The new yahoo home page

Yahoo! released a new home page recently. I suppose most/any of you who read this blog already know this great piece of news. It’s been well covered all over the press including techcrunch, business week. You can find Scott Gatz’s (Director of PM in personalization @ yahoo) blog talking about some of the finer thinking that went into the design.

Since i left yahoo!, I tried not to comment about yahoo!’s products, whether good or bad. I guess i couldn’t resist myself in posting about the new home page though.
When i started at yahoo, the top brass always compared yahoo against AOL and measured themselves. I guess a bulk of the content strategy also arose out of replicating aol out on the web. I am not sure who said it and when it was said, but people repeatedly noticed a key contrast between AOL & Yahoo. AOL is about the network, it’s closed and confined (I guess the original walled garden). In contrast, Yahoo is about being a guide to web. We have a directory and we always point to the best content on the web. I heard Tim koogle, David filo espouse very similar idealogy to above. The web directory was a very important part of yahoo! not because of revenue, but because it’s yahoo!’s way of pointing to the best of the web. So Once upon a time, Yahoo! sports had links to ESPN.com and CBS sportsline, and yahoo! autos had links to useful automotive sites on the web as well.
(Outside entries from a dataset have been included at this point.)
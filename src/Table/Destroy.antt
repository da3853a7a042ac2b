-- ===== src/Table/Destroy.antt =====
-- `table_free` of src/table.c over the addresses of the entries.
use myclib.Prelude.{
  ◌≡◌, ◌≢◌, refl, All, Bool, true, false, Option, none, some, List, [], ◌∷◌, ◌==◌, arith,
  if◌then◌else◌, check, ◌>>=◌,
}
use myclib.Table.{Ptr, null}

-- which addresses `malloc` has handed out and `free` has not taken back
abbrev pub Heap : Type 0
Heap = Ptr → Bool

-- `free(p)`: nothing at `NULL`, a fault at an address that is not allocated.
abbrev pub free : Ptr → Heap → Option Heap
free p h = if p == null then some h else check (h p) (some (λ q. if q == p then false else h q))

-- the address of the first entry of a chain, that of each entry in order
abbrev pub head : List Ptr → Ptr
head [] = null
head (p ∷ rest) = p

-- `for (entry = bucket->entrys; entry; entry = tmp) { tmp = entry->next; free(tmp); }`: the read of
-- `entry->next` is a fault where the entry is not allocated.
unfoldable pub free_chain : List Ptr → Heap → Option Heap
free_chain [] h = some h
free_chain (p ∷ rest) h = check (h p) (free (head rest) h >>= free_chain rest)

unfoldable pub free_buckets : List (List Ptr) → Heap → Option Heap
unfolding free_chain
free_buckets [] h = some h
free_buckets (c ∷ cs) h = free_chain c h >>= free_buckets cs

abbrev Allocated : Heap → List Ptr → Type 0
Allocated h = All (λ p. (p ≢ null) × (h p ≡ true))

-- no chain has two entries
abbrev pub short : List (List Ptr) → Bool
short [] = true
short ([] ∷ cs) = short cs
short ((p ∷ []) ∷ cs) = short cs
short ((p ∷ q ∷ rest) ∷ cs) = false

-- Where all entries are allocated, the loops of `table_free` run into a read of a freed entry as soon
-- as one chain has two entries; and where no chain has two they end with no entry freed at all.
pub free_buckets_lem :
    (cs : List (List Ptr)) (h : Heap)
    → All (Allocated h) cs
    → free_buckets cs h ≡ (if short cs then some h else none)
unfolding free_buckets
free_buckets_lem [] h live = refl
free_buckets_lem ([] ∷ cs) h live = free_buckets_lem cs h live.1
free_buckets_lem ((p ∷ []) ∷ cs) h live = rw (live.0.0.1, ◌>>=◌) (free_buckets_lem cs h live.1)
free_buckets_lem ((p ∷ q ∷ rest) ∷ cs) h live = ground (arith, live.0)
Slowly, yahoo! started changed from being about the web, to being about yahoo! properties. This change has been happening over several years. I don’t have the insight to determine why this change happened, if it’s a conscious choice of the founders etc. But, somewhere along the way, linking to useful sites on the web became a bad thing :( . Links became commercial, and our own ability to identify the best on the web never kept up and consequently, product teams dropped web links non-yahoo sites one after the other. Instead, these links were taken up by links to other parts of yahoo! network, whether they are relevant or not.

This homepage dropped the concept of website directory completely. I guess the transformation is complete. Yahoo! is now more about showing people in and around yahoo! network and not about showing people what’s most useful on the web. Yahoo! is the new AOL of the web…

3 Responses to “The new yahoo home page”

  1. SK Says:

    You said it, Ravi. Felt exactly the same though not as poignantly as yourself. Yahoo! yellow pages used to be so well organized but now most of the services except Yahoo! finance is a clutter. I am still a big fan of Yahoo but dont like the direction they are headed in. With the largest profile base, yahoo could be so much cooler in addressing consumer needs than go around with a stomping foot showcasing only their network. Sigh !

  2. Leonard Says:

    While the directory might have moved off the home page, I think that the AOL comparison is wrong. I think the directory has dropped off because it’s just not very useful in finding the useful things on the web (I don’t even *remember* the last time I used the directory).

    Search has become the primary way users get to “good stuff,” and I think that in that regard, the new home page is definitely an improvement.

    Also worth pointing out in that regard is the prominence that Answers is given. That, along with MyWeb and del.icio.us and many other properties is part of a big commitment to social search, which, far from a throwback, is the next level of decentralization - it not only distributes editorial to individuals, but allows users to participate without even having to be a site publisher.

    To me, that, and Yahoo’s other moves (especially with their developer network) signal an *increased* commitment and engagement with the web rather than the reverse.

    Of course, my opinion is that of someone from the outside moving in (I started working at Yahoo! in November) rather than inside moving out, so maybe there’s some of that coloring the difference of opinion.

  3. Stanley Says:

    One of the reasons the directory was de-emphasized due to the challenges of keeping it updated. Everday Yahoo! would get thousands of submissions without any possible way to keeping up with the evolving web. The same fate happened to DMOZ. In many cases, tag clouds are a decentralized replacement for the directory generated by users. Tag clouds reduce the rigid bounds but still have many issues in terms of consistency and completeness.